The Fatal Circle of NETs and NET-Associated DAMPs Contributing to Organ Dysfunction

Abstract

The innate immune system is the first line of defense against invading pathogens or sterile injuries. Pattern recognition receptors (PRR) sense molecules released from inflamed or damaged cells, or foreign molecules resulting from invading pathogens. PRRs can in turn induce inflammatory responses, comprising the generation of cytokines or chemokines, which further induce immune cell recruitment. Neutrophils represent an essential factor in the early immune response and fulfill numerous tasks to fight infection or heal injuries. The release of neutrophil extracellular traps (NETs) is part of it and was originally attributed to the capture and elimination of pathogens. In the last decade studies revealed a detrimental role of NETs during several diseases, often correlated with an exaggerated immune response. Overwhelming inflammation in single organs can induce remote organ damage, thereby further perpetuating release of inflammatory molecules. Here, we review recent findings regarding damage-associated molecular patterns (DAMPs) which are able to induce NET formation, as well as NET components known to act as DAMPs, generating a putative fatal circle of inflammation contributing to organ damage and sequentially occurring remote organ injury.
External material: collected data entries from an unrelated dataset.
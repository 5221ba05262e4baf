-- ===== src/Invite/Send.antt =====
-- `ela_invite_friend` and `ela_reply_friend_invite` of src/carrier/ela_carrier.c: the checks of the
-- arguments, and the loop that sends the data in fragments.
use elastos_net_carrier_nati.Base.{
  ℕ, zero, suc, ◌+◌, ◌-◌, List, [], ◌∷◌, Bool, true, false, not, ◌&&◌, ◌||◌, Option, none, some,
  length, take, drop, ◌==◌, ltb, leb, if◌then◌else◌,
}
use elastos_net_carrier_nati.Elaerr
use elastos_net_carrier_nati.Mux.Channel.{Rc, ok, err}
use elastos_net_carrier_nati.Invite.Data.{
  Fragment, Message, invite_request, invite_response, Env, ElaCarrier, TransactedCallback,
  ResponseCallback, tid_key, history_key, invite_data_unit, ela_max_invite_data_len,
  ela_max_bundle_len, ela_max_invite_reply_reason_len, ela_max_id_len, ela_max_extension_name_len,
}

abbrev pub bytes_of : Option (List ℕ) → List ℕ
bytes_of none = []
bytes_of (some bs) = bs

-- `send_len` of a request, where `bundle_len` is 0 after the first fragment.
unfoldable pub request_send_len : Option (List ℕ) → ℕ → ℕ → ℕ
request_send_len none bundle_len len = if ltb invite_data_unit len then invite_data_unit else len
request_send_len (some bundle) bundle_len len =
    if leb (len + bundle_len) invite_data_unit then len else invite_data_unit - bundle_len

-- `send_len` and the new `bundle_len` of a response.
unfoldable pub reply_send_len : ℕ → ℕ → ℕ × ℕ
reply_send_len bundle_len len =
    if leb (bundle_len + len) invite_data_unit
    then (len, bundle_len)
    else if ltb 0 bundle_len
    then (invite_data_unit - bundle_len, 0)
    else (invite_data_unit, bundle_len)

-- A fragment of a request with the next bytes of the data, and what is left.
unfoldable pub request_fragment :
    Option (List ℕ) → ℕ → Option (List ℕ) → Bool → ℕ → List ℕ → Fragment × List ℕ
unfolding request_send_len
request_fragment ext tid bundle first bundle_len data_ =
    let n = request_send_len bundle bundle_len (length data_) in
    (
      record {
        extension = ext;
        tid = tid;
        bundle = if first then bundle else none;
        totalsz = if first then length data_ else 0;
        status = 0;
        reason = none;
        raw_data = take n data_;
      },
      drop n data_,
    )

-- A fragment of a response. A refusal has no data.
unfoldable pub reply_fragment :
    Option (List ℕ)
    → ℕ
    → Option (List ℕ)
    → ℕ
    → Option (List ℕ)
    → Bool
    → ℕ
    → List ℕ
    → Fragment × List ℕ
unfolding reply_send_len
reply_fragment ext tid bundle status reason first bundle_len data_ =
    let n = (reply_send_len bundle_len (length data_)).0 in
    let carries = status == 0 && not (length data_ == 0) in
    (
      record {
        extension = ext;
        tid = tid;
        bundle = if first then bundle else none;
        totalsz = if carries then (if first then length data_ else 0) else 0;
        status = status;
        reason = if first && not (status == 0) then reason else none;
        raw_data = if carries then take n data_ else [];
      },
      if carries then drop n data_ else data_,
    )

-- `parse_address`: the user id, and the extension behind the first colon.
unfoldable pub parse_address : List ℕ → List ℕ × Option (List ℕ)
parse_address [] = ([], none)
parse_address (c ∷ cs) =
    let (userid, ext) = parse_address cs in if c == 58 then ([], some cs) else (c ∷ userid, ext)

-- A bundle or extension that is there must not be empty or too long.
abbrev pub is_bad_string : Option (List ℕ) → ℕ → Bool
is_bad_string none limit = false
is_bad_string (some s) limit = length s == 0 || ltb limit (length s)

-- The bundle counts in the size of the first fragment.
abbrev pub later_bundle_len : Option (List ℕ) → ℕ → ℕ
later_bundle_len none bundle_len = bundle_len
later_bundle_len (some bundle) bundle_len = 0

-- Whether `to` cannot be an address: `sizeof(':')` is the size of an `int`, 4.
abbrev pub is_bad_address : List ℕ → Bool
is_bad_address to =
    length to == 0 || ltb (ela_max_id_len + 4 + ela_max_extension_name_len) (length to)

module _ {env : Env} where
  open env use {
    World, alloc, dht_friend_message, table_put, table_remove, table_get, is_valid_key,
    get_friend_number, friends_get, generate_tid,
  }

  -- One message over the network.
  unfoldable pub send_message : ElaCarrier env → ℕ → Message → Rc × ElaCarrier env
  send_message c friend_number m =
      let (rc, w) = dht_friend_message friend_number m c.world in (rc, record c { world = w })

  unfoldable pub allocate : ElaCarrier env → Bool × ElaCarrier env
  allocate c = let (got, w) = alloc c.world in (got, record c { world = w })

  -- The last fragment of a request: the callback stands in the table before it is sent, and is taken
  -- out again if it cannot be.
  unfoldable pub send_last :
      ElaCarrier env → ℕ → Message → TransactedCallback env → Rc × ElaCarrier env
  unfolding allocate send_message
  send_last c friend_number m tcb =
      let (got, c1) = allocate c in
      let c2 = record c1 { tcallbacks = table_put c1.tcallbacks (tid_key tcb.tid) tcb } in
      let (rc, c3) = send_message c2 friend_number m in
      if not got then (err Elaerr.out_of_memory, c1) else elim rc [
        | err e ↦ (err e, record c3 { tcallbacks = table_remove c3.tcallbacks (tid_key tcb.tid) })
        | ok n ↦ (ok 0, c3)
      ]

  -- The loop of `ela_invite_friend`, which is entered with data left to send, with fuel; `none` means
  -- that the fuel ran out.
  unfoldable pub invite_loop :
      ℕ
      → ElaCarrier env
      → ℕ
      → Option (List ℕ)
      → TransactedCallback env
      → Bool
      → ℕ
      → List ℕ
      → Option (Rc × ElaCarrier env)
  unfolding request_fragment allocate send_message send_last
  invite_loop zero c friend_number ext tcb first bundle_len data_ = none
  invite_loop (suc fuel) c friend_number ext tcb first bundle_len data_ =
      let (created, c1) = allocate c in
      let (fragment, rest) = request_fragment ext tcb.tid tcb.bundle first bundle_len data_ in
      let (encoded, c2) = allocate c1 in
      let (rc, c3) = send_message c2 friend_number (invite_request fragment) in
      let again =
        invite_loop fuel c3 friend_number ext tcb false (later_bundle_len tcb.bundle bundle_len)
          rest in
      if not created
      then some (err Elaerr.out_of_memory, c1)
      else if not encoded
      then some (err Elaerr.out_of_memory, c2)
      else if length rest == 0
      then some (send_last c2 friend_number (invite_request fragment) tcb)
      else elim rc [ err e ↦ some (err e, c3) | ok n ↦ again ]

  -- Go on with the friend of an address, if it is valid and belongs to a friend.
  unfoldable pub find_friend :
      ElaCarrier env
      → List ℕ
      → Option (List ℕ)
      → (ℕ → Option (Rc × ElaCarrier env))
      → Option (Rc × ElaCarrier env)
  find_friend c userid ext go =
      if not (is_valid_key userid)
      then some (err Elaerr.invalid_args, c)
      else if is_bad_string ext ela_max_extension_name_len
      then some (err Elaerr.invalid_args, c)
      else if not c.is_ready
      then some (err Elaerr.not_ready, c)
      else elim (get_friend_number userid c.world) [
        | none ↦ some (err Elaerr.not_exist, c)
        | some n ↦ elim (friends_get n c.world) [
          | none ↦ some (err Elaerr.not_exist, c)
          | some id ↦ go n
        ]
      ]

  -- `ela_invite_friend`, with a carrier and a callback that are not null; null data are empty here.
  unfoldable pub ela_invite_friend :
      ElaCarrier env
      → List ℕ
      → Option (List ℕ)
      → List ℕ
      → ResponseCallback env
      → Option (Rc × ElaCarrier env)
  unfolding parse_address find_friend invite_loop
  ela_invite_friend c to bundle data_ callback =
      let (userid, ext) = parse_address to in
      let (tid, w) = generate_tid c.world in
      let tcb : TransactedCallback env = record {
        tid = tid;
        callback_func = callback;
        bundle = bundle;
      } in
      if is_bad_string bundle ela_max_bundle_len
        || (length data_ == 0 || ltb ela_max_invite_data_len (length data_))
      then some (err Elaerr.invalid_args, c)
      else if is_bad_address to
      then some (err Elaerr.invalid_args, c)
      else find_friend c userid ext (λ n.
        invite_loop (length data_) (record c { world = w }) n ext tcb true
          (length (bytes_of bundle)) data_)

  -- The loop of `ela_reply_friend_invite`, with fuel; `none` means that the fuel ran out.
  unfoldable pub reply_loop :
      ℕ
      → ElaCarrier env
      → ℕ
      → Option (List ℕ)
      → ℕ
      → Option (List ℕ)
      → ℕ
      → Option (List ℕ)
      → Bool
      → ℕ
      → List ℕ
      → Option (Rc × ElaCarrier env)
  unfolding reply_fragment reply_send_len allocate send_message
  reply_loop zero c friend_number ext tid bundle status reason first bundle_len data_ = none
  reply_loop (suc fuel) c friend_number ext tid bundle status reason first bundle_len data_ =
      let (created, c1) = allocate c in
      let (fragment, rest) = reply_fragment ext tid bundle status reason first bundle_len data_ in
      let (encoded, c2) = allocate c1 in
      let (rc, c3) = send_message c2 friend_number (invite_response fragment) in
      let left = (reply_send_len bundle_len (length data_)).1 in
      let again = reply_loop fuel c3 friend_number ext tid bundle status reason false left rest in
      if not created
      then some (err Elaerr.out_of_memory, c1)
      else if not encoded
      then some (err Elaerr.out_of_memory, c2)
      else elim rc [
        | err e ↦ some (err e, c3)
        | ok n ↦ if length rest == 0 then some (ok 0, c3) else again
      ]

  -- The history forgets the invitation that has been answered.
  unfoldable pub forget_invite :
      List ℕ → Option (Rc × ElaCarrier env) → Option (Rc × ElaCarrier env)
  forget_invite to none = none
  forget_invite to (some (err e, c)) = some (err e, c)
  forget_invite to (some (ok n, c)) =
      some (ok n, record c { thistory = table_remove c.thistory (history_key to) })

  -- `ela_reply_friend_invite`, with a carrier that is not null; null data are empty here. Its loop
  -- takes one round at least.
  unfoldable pub ela_reply_friend_invite :
      ElaCarrier env
      → List ℕ
      → Option (List ℕ)
      → ℕ
      → Option (List ℕ)
      → List ℕ
      → Option (Rc × ElaCarrier env)
  unfolding parse_address find_friend reply_loop forget_invite
  ela_reply_friend_invite c to bundle status reason data_ =
      let (userid, ext) = parse_address to in
      let missing : Bool = elim reason [ none ↦ true | some r ↦ false ] in
      let refuses = not (status == 0) in
      if is_bad_string bundle ela_max_bundle_len
      then some (err Elaerr.invalid_args, c)
      else if refuses
          && (missing
              || (ltb ela_max_invite_reply_reason_len (length (bytes_of reason))
                  || not (length data_ == 0)))
      then some (err Elaerr.invalid_args, c)
      else if not refuses
          && (not missing || (length data_ == 0 || ltb ela_max_invite_data_len (length data_)))
      then some (err Elaerr.invalid_args, c)
      else if is_bad_address to
      then some (err Elaerr.invalid_args, c)
      else find_friend c userid ext (λ n. elim (table_get c.thistory (history_key to)) [
        | none ↦ some (err Elaerr.no_matched_request, c)
        | some tid ↦
            if tid == 0
            then some (err Elaerr.no_matched_request, c)
            else forget_invite to (
                reply_loop (suc (length data_)) c n ext tid bundle status reason true
                  (length (bytes_of bundle)) data_)
      ])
Keywords: CIRP; HMGB1; LL37; cfDNA; damage associated molecular pattern; histone; inflammation; innate immune response; neutrophil extracellular traps; remote organ damage.

Figure 3

Schematic illustration of NET-associated DAMPs contributing to inflammation. During inflammation, resident cells such as macrophages or endothelial cells lining the vessel release pro-inflammatory cytokines and chemokines, inducing neutrophil recruitment. Activated neutrophils may release NETs decorated with diverse proteins such as neutrophil elastase, myeloperoxidase, LL37 or mCramp in murine cells, HMGB1, and histones. Some of them have been reported to act as DAMPs. Arrows indicate the contribution of the respective proteins to the pro-inflammatory features. HMGB1 induces NET formation, as well as cytokine/chemokine release. LL37 protects NET fibers from degradation, and also facilitates the internalization of cfDNA, which in turn also promotes cytokine release. Histones have cytotoxic effects on endothelial cells, resulting in additional cfDNA, and are also capable of directly inducing NET formation. The molecule eCIRP has recently been described as promoting NET formation.

Figure 1

Inducers and mechanism of the lytic NET formation. Gram-negative bacteria and bacteria-deriving molecules, antibodies, phorbol-12-myristat-13-acetat (PMA), monosodium urate crystals (MSU) or damage-associated molecular patterns (DAMPs) are capable of activating neutrophils via different receptors and initiating NET formation. Histones induce NET formation via the toll-like receptors (TLR) 4 and 9, eCIRP via parallel binding of myeloid differentiation factor 2 (MD2) and TLR4, and high-mobility group box 1 (HMGB1) via RAGE and TLR4. Calcium is released into the cytosol, followed by activation of the NADPH-oxidase complex (NOX), which generates reactive oxygen species (ROS). In a ROS-dependent step, neutrophil elastase (NE) gets released from the membranes of azurophilic granules and translocates into the nucleus and in parallel degrading actin fibers. NE activity induces the decondensation of chromatin, further supported by the PAD4-dependent citrullination of histones. The activation of gasdermin D (GSDMD) leads to the formation of pores in the cell membrane, thereby enabling the release of chromatin, which has been decorated with cytosolic or granule-associated molecules such as histones, LL37, HMGB1, MPO and NE into the environment.

Figure 2

Inducers and mechanism of non-lytic NET formation. To date, only S. aureus, C. albicans, and activated platelets have been proven to induce early non-lytic NET formation in neutrophils. C. albicans induces NET formation via MAC1-signaling in presence of fibronectin, S. aureus via TLR9 and MAC1, and activated platelets require LFA-1 and LPS. During early NET formation, NE and MPO are released in an NADPH-independent manner into the cytosol and the nucleus, resulting the decondensation of chromatin, supported by PAD4-activity. Nuclear DNA fibers are finally released into the cytosol via vesicles, leaving an anucleated but functional cytoplast.